Should Rap Lyrics Be Admissible in Court?
A new California bill is part of a nationwide effort to protect creative expression and prevent racial bias
Young Thug and Gunna, two prominent rappers in the Atlanta hip-hop scene, are currently facing charges of alleged gang-related activity—and their own lyrics are helping build the case.
Thug and Gunna are just the latest in a line of rappers whose lyrics have been used against them in court as evidence. In these cases, prosecutors treat rap lyrics as “nothing more than autobiographical accounts—denying rap the status of art,” Charis E. Kubrin, a criminologist at the University of California, Irvine, tells the New York Times’ Livia Albeck-Ripka.
But in California, that tactic may soon be illegal.
A bill, which would restrict the use of lyrics and other creative expressions as evidence in criminal proceedings, has passed unanimously in both houses of the California legislature; it now awaits Governor Gavin Newsom’s signature. The bill would require a court to consider the possibility that such evidence could “inject racial bias” into criminal proceedings.
In light of the indictment of Thug and Gunna, activists and fans have adamantly supported the bill. But its breadth spans beyond rap, protecting other genres of music as well as poetry, film, dance, visual art and writing.
“It has broader implications than just music,” Assemblyman Reginald Jones-Sawyer, who introduced the bill, tells Billboard’s Bill Donahue. “This is about the right to free speech under the First Amendment and just as important, especially to people of color, it’s about the right to have a fair trial, regardless of your profession or what you say in public. To have that used against you—it’s wrong.”
California is not the first state to attempt such a law. Earlier this year, New York’s State Senate passed a similar bill, which received public support from stars like Jay-Z, Meek Mill, Big Sean and Robin Thicke.
Similar legislation is unfolding on the federal level, too. In July, two Congressmen, Hank Johnson of Georgia and Jamaal Bowman of New York, introduced the Restoring Artistic Protection Act, which aims to “protect artists from the wrongful use of their lyrics against them in criminal and civil proceedings.”
In a statement, Johnson’s team quotes from a 2021 case, Bey-Cousin v. Powell, in which defendants sought to use hip-hop artist Muadhdhin Bey-Cousin’s lyrics against him.
“Freddy Mercury did not confess to having ‘just killed a man’ by putting ‘a gun against his head’ and ‘pull[ing] the trigger.’ Bob Marley did not confess to having shot a sheriff. And Johnny Cash did not confess to shooting ‘a man in Reno just to watch him die,’” the 2021 opinion reads.
Jones-Sawyer believes that if California passes this bill, it could turn the tide for courts across the country, he tells Billboard.
“As California goes, so goes the rest of the country,” he says. “We are famous for being the first to tackle the hard issues, we’re famous for having progressive ideas and rights and for pushing the envelope.”
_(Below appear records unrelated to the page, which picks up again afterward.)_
-- ===== src/Skills/Registry/Laws.antt =====
-- The look-ups of crates/orion-skills/src/registry.rs after its changes.
use orion_dock.Prelude.{
  ◌≡◌, ◌∙◌, true, false, arith, eq_refl, if◌then◌else◌, ◌==◌, lookup-remove, lookup-insert,
}
use orion_dock.Skills.Manifest.{TrustTier, untrusted, SkillId}
use orion_dock.Skills.Registry.{
  not_found, init_failed, ok, err, Skill, SkillRegistry, poison_text, register_with_tier, register,
  unregister, get_skill,
}

module _ {Value : Type 0} where
  -- After a registration the id finds the new skill, with its own manifest and tier, and every
  -- other id what it found before; on a poisoned lock both fail and the registry is unchanged.
  get_skill-register_with_tier :
      (r : SkillRegistry Value) (id other : SkillId) (s : Skill Value) (t : TrustTier)
      → let (r', result) = register_with_tier r id s t in
        (r.poisoned ≡ false
          → (result ≡ ok tt)
            × (get_skill r' other
                ≡ (if id.text == other.text then ok (s, s.manifest, t) else get_skill r other)))
        × (r.poisoned ≡ true
            → (r' ≡ r)
              × (result ≡ err (init_failed poison_text))
              × (get_skill r other ≡ err (init_failed poison_text)))
  unfolding register_with_tier get_skill
  get_skill-register_with_tier r id other s t = ground (
    arith,
    lookup-insert id.text other.text (record { skill = s; manifest = s.manifest; trust_tier = t })
        r.skills,
  )

  -- A skill registered without a tier is found as an untrusted one.
  pub get_skill-register :
      (r : SkillRegistry Value) (id : SkillId) (s : Skill Value)
      → r.poisoned ≡ false
      → get_skill (register r id s).0 id ≡ ok (s, s.manifest, untrusted)
  unfolding register
  get_skill-register r id s h =
      let (result, found) = (get_skill-register_with_tier r id id s untrusted).0 h in
      found ∙ rw (eq_refl id.text)

  -- After an unregistration the id is not found, and every other id finds what it found before.
  pub get_skill-unregister :
      (r : SkillRegistry Value) (id other : SkillId)
      → r.poisoned ≡ false
      → get_skill (unregister r id).0 other
        ≡ (if id.text == other.text then err (not_found other) else get_skill r other)
  unfolding unregister get_skill
  get_skill-unregister r id other h = ground (arith, lookup-remove id.text other.text r.skills)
California is also the setting for one of the earliest prominent examples of rap lyrics being used as legal evidence. In 1996, Calvin Cordozar Broadus Jr., known better as Snoop Dogg, was tried for murder in Los Angeles, and prosecutors cited lyrics from “Murder Was the Case” as evidence aginst him. The rapper was acquitted.
Groups like the Black Music Action Coalition California, the Public Defenders Association and Smart Justice California have endorsed the California bill, per the Times. So has Harvey Mason Jr., CEO of the Recording Academy, the group behind the Grammys.
“It’s bigger than any one individual case,” Mason tells the Times. “In no way, at no time, do I feel that someone’s art should be used against them.”